Maria Luciene Moreira, agricultora residente na zona rural de Tabuleiro do Norte, no interior do Ceará, tornou-se símbolo de uma realidade dura e persistente enfrentada por inúmeras famílias do semiárido nordestino: a escassez crônica de água. Vivendo no Sítio Santo Estevão, a cerca de 35 quilômetros da sede do município, ela e sua família lidam diariamente com as consequências da falta de acesso regular à água potável, um problema que se arrasta há anos e impacta diretamente sua qualidade de vida, saúde e sustento.
Luciene é casada com Sidrônio Moreira, também agricultor, e juntos criam seus dois filhos em meio às dificuldades impostas pela seca. A principal fonte de renda da família gira em torno de dois salários mínimos, provenientes de aposentadorias e do trabalho desempenhado pelos filhos no sítio. Mesmo com essa renda limitada, eles precisam arcar mensalmente com despesas extras, como a compra de água mineral, que chega a custar cerca de R$ 100 por mês — um valor significativo diante da realidade financeira da família.
A água fornecida por carros-pipa, disponibilizados pela prefeitura, não atende plenamente às necessidades da comunidade. Segundo Luciene, a distribuição muitas vezes ocorre apenas uma vez por mês, o que obriga os moradores a racionarem ao máximo o recurso ou buscarem alternativas, muitas vezes precárias. A esperança de dias melhores está parcialmente depositada na construção de uma adutora que deverá beneficiar cerca de 700 famílias da região rural. No entanto, mesmo com a previsão de conclusão até o fim de março de 2026, a incerteza ainda paira sobre a efetividade e regularidade do abastecimento.
Foi justamente na tentativa de solucionar o problema da água que Sidrônio decidiu perfurar um poço artesiano na propriedade. A expectativa era encontrar uma fonte que pudesse suprir tanto o consumo da família quanto a necessidade dos animais. Contudo, o resultado foi inesperado: em vez de água, emergiu do solo um líquido escuro, com odor semelhante ao de combustível. A descoberta, ocorrida em novembro de 2024, levantou a suspeita de que poderia se tratar de petróleo.
O achado chamou a atenção de autoridades e especialistas. Em março de 2026, técnicos da Agência Nacional do Petróleo (ANP) visitaram o local para realizar uma avaliação preliminar. A orientação dada à família foi clara: isolar a área e evitar qualquer tipo de contato ou manipulação da substância até que análises mais detalhadas sejam concluídas. Amostras foram encaminhadas ao Instituto Federal de Educação, Ciência e Tecnologia do Ceará (IFCE), responsável por investigar a composição do material.
Apesar da possibilidade de estarem sobre uma jazida de petróleo, Luciene e Sidrônio mantêm uma postura cautelosa e realista. Para eles, a prioridade continua sendo o acesso à água, essencial para a sobrevivência no campo. A eventual presença de petróleo, embora desperte curiosidade e até esperança de melhoria financeira, não resolve o problema imediato da escassez hídrica que enfrentam diariamente.

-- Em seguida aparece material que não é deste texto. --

-- ===== src/Fsm/Batcher/Events.antt =====
-- SendLog and the timer of pkg/fsm/batcher.go, one after the other.
use sybline.Base.{
  ℕ, suc, ◌+◌, ◌-◌, ◌%◌, ◌≤◌, ◌<◌, ◌≡◌, refl, inl, inr, true, false, Option, some, List, [], ◌∷◌,
  ◌++◌, map, Bytes, length, length-append, length-map, ◌==◌, ltb, arith, Bool-cases,
}
use sybline.Core.Run.{ok, ◌>>=◌}
use sybline.Fsm.Apply.{Result}
use sybline.Fsm.Batcher.{
  Slots, waiting, Batcher, make_slots, send_logs, acquire_index, advance_index, submit_entry,
  finish_call, process_input, timer_tick, timer_flush, move, answers,
}
use sybline.Fsm.Batcher.Bounds.{length-answers}
use sybline.Fsm.Batcher.Plan.{
  Event, call, timeout, moves, event, events, filled, set-filled, slice_to-filled, filled-full,
  length-filled, first_filled, Plan, give, send_off, plan_event, plan_events, between,
  send_all-to_chans,
}

module _ (apply_log : Slots → Option (List Result))
    (few : (s : Slots) (rs : List Result) → apply_log s ≡ some rs → length rs ≤ length s) (n : ℕ)
    (some_room : 1 ≤ n) where
  send_logs-send_off :
      (batch : List Bytes) (p : Plan) (b : Batcher)
      → length batch ≤ n
      → b.output_chans ≡ p.output_chans
      → b.logged ≡ p.logged
      → b.sent ≡ p.sent
      → send_logs apply_log n (map some batch) b
        ≡ ok (record b {
          next_free_index = 0;
          data_slice = make_slots n;
          output_chans = suc (p.output_chans);
          logged = (send_off apply_log n batch p).logged;
          sent = (send_off apply_log n batch p).sent;
        })
  unfolding send_logs send_off
  send_logs-send_off batch p b h e f g =
      let sends = send_all-to_chans n b.output_chans 0 (answers apply_log (map some batch)) (
        omega (
          arith,
          length-answers apply_log few n some_room (map some batch),
          length-map {A = Bytes} some batch,
        )) in
      rw (sends, e, f, g) refl

  -- The state after the entry is stored.
  abbrev stored : Plan → Bytes → Slots → Batcher
  stored p d slots = record (between n p) {
    next_free_index = (length p.entries + 1) % n;
    data_slice = slots;
    caller = waiting d (length p.entries);
  }

  -- The end of a call, after the goroutine of the input channel has taken its entry.
  finish_last :
      (p : Plan) (d : Bytes)
      → length p.entries + 1 ≡ n
      → (send_logs apply_log n
            (filled n (p.entries ++ d ∷ []))
            (stored p d (filled n (p.entries ++ d ∷ [])))
          >>= λ c. finish_call n c.caller c >>= λ e. ok e)
        ≡ ok (between n (give (length p.entries) d (send_off apply_log n (p.entries ++ d ∷ []) p)))
  unfolding finish_call filled send_off
  finish_last p d h =
      let all : length (p.entries ++ d ∷ []) ≡ n =
        omega (arith, length-append p.entries (d ∷ [])) in
      let below : ltb (length p.entries) n ≡ true = ground arith in
      rw (filled-full n (p.entries ++ d ∷ []) all) (
        rw
          (send_logs-send_off (p.entries ++ d ∷ []) p (stored p d (map some (p.entries ++ d ∷ [])))
            (omega (arith, all)) refl refl refl)
          (rw below refl))

  finish_early :
      (p : Plan) (d : Bytes)
      → length p.entries + 1 < n
      → (finish_call n (waiting d (length p.entries)) (stored p d (filled n (p.entries ++ d ∷ [])))
          >>= λ e. ok e)
        ≡ ok (between n (give (length p.entries) d (record p { entries = p.entries ++ d ∷ [] })))
  unfolding finish_call
  finish_early p d h =
      let below : ltb (length p.entries) n ≡ true = ground arith in
      let next : (length p.entries + 1) % n ≡ length (p.entries ++ d ∷ []) =
        grind (arith, length-append p.entries (d ∷ [])) in
      rw (below, next) refl

  event-call :
      (p : Plan) (d : Bytes)
      → length p.entries < n
      → event apply_log n (call d) (between n p)
        ≡ ok (between n (plan_event apply_log n (call d) p))
  unfolding event moves move acquire_index advance_index submit_entry process_input plan_event
  event-call p d h =
      let pos : (n == 0) ≡ false = ground arith in
      let below : ltb (length p.entries) (length (filled n p.entries)) ≡ true =
        ground (arith, length-filled n p.entries) in
      rw (pos, below, set-filled n p.entries d h)
        (elim (Bool-cases (length p.entries == n - 1)) [
          | inl e ↦ rw e (finish_last p d (ground arith))
          | inr e ↦ rw e (finish_early p d (ground arith))
        ])

  timeout_full :
      (p : Plan)
      → length p.entries < n
      → (timer_flush apply_log n
            (some (length p.entries))
            (record (between n p) { timer = some (length p.entries) })
          >>= λ c. ok c)
        ≡ ok (between n (send_off apply_log n p.entries p))
  unfolding timer_flush send_off filled
  timeout_full p h =
      rw (slice_to-filled n p.entries (omega arith))
        (rw (send_logs-send_off p.entries p (between n p) (omega arith) refl refl refl) refl)

  pub plan_event-room :
      (e : Event) (p : Plan)
      → length p.entries < n
      → length (plan_event apply_log n e p).entries < n
  unfolding plan_event send_off
  plan_event-room (call d) p h = elim (Bool-cases (length p.entries == n - 1)) [
    | inl e ↦ rw e (omega arith)
    | inr e ↦ rw e (ground (arith, length-append p.entries (d ∷ [])))
  ]
  plan_event-room timeout p h = elim (Bool-cases (length p.entries == 0)) [
    | inl e ↦ rw e h
    | inr e ↦ rw e (omega arith)
  ]

  pub plan_events-room :
      (es : List Event) (p : Plan)
      → length p.entries < n
      → length (plan_events apply_log n es p).entries < n
  unfolding plan_events
  plan_events-room [] p h = h
  plan_events-room (e ∷ es) p h =
      plan_events-room es (plan_event apply_log n e p) (plan_event-room e p h)

  event-timeout :
      (p : Plan)
      → length p.entries < n
      → event apply_log n timeout (between n p) ≡ ok (between n (plan_event apply_log n timeout p))
  unfolding event moves move plan_event timer_tick timer_flush
  event-timeout p h =
      rw (first_filled n p.entries some_room) (elim (Bool-cases (length p.entries == 0)) [
        | inl e ↦ rw e refl
        | inr e ↦ rw e (timeout_full p h)
      ])

  -- Take a batch length of at least one, and a raft that never answers a batch with more results than
  -- it has entries. From a state between two events whose batch has room, a sequence of whole calls
  -- of SendLog and timeouts, one after the other, does not panic and ends in the state that the plan
  -- says, with what went to raft, to the channels and to the callers.
  pub events-plan_events :
      (es : List Event) (p : Plan)
      → length p.entries < n
      → events apply_log n es (between n p) ≡ ok (between n (plan_events apply_log n es p))
  unfolding events plan_events
  events-plan_events [] p h = refl
  events-plan_events (call d ∷ es) p h =
      rw (event-call p d h)
        (events-plan_events es (plan_event apply_log n (call d) p) (plan_event-room (call d) p h))
  events-plan_events (timeout ∷ es) p h =
      rw (event-timeout p h)
        (events-plan_events es (plan_event apply_log n timeout p) (plan_event-room timeout p h))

Do ponto de vista legal, mesmo que a presença de petróleo seja confirmada e considerada economicamente viável para exploração, os recursos do subsolo pertencem à União. Isso significa que a família não poderá explorar ou comercializar diretamente o petróleo encontrado em sua propriedade. No entanto, há a possibilidade de receber uma compensação financeira, que pode chegar a até 1% do valor da produção, caso a exploração seja autorizada.
A localização do sítio, próxima à Bacia Potiguar — uma das principais regiões produtoras de petróleo do país — reforça a plausibilidade da descoberta. Ainda assim, a área da propriedade está a cerca de 11 quilômetros do bloco de exploração mais próximo, o que exige estudos mais aprofundados para determinar a viabilidade técnica e econômica de qualquer operação.
Enquanto aguardam os resultados das análises e possíveis desdobramentos, a rotina da família segue marcada pelas dificuldades. A escassez de água continua sendo o principal desafio, exigindo resiliência, adaptação e esperança de que políticas públicas mais eficazes possam, enfim, transformar essa realidade.
A história de Maria Luciene e sua família evidencia não apenas um episódio curioso envolvendo a possível descoberta de petróleo, mas, sobretudo, expõe a urgência de soluções estruturais para o abastecimento de água no interior do Ceará. Trata-se de um retrato fiel das desigualdades regionais e da luta cotidiana de milhares de brasileiros que convivem com a seca e suas consequências, enquanto aguardam por mudanças concretas que garantam dignidade e condições básicas de sobrevivência.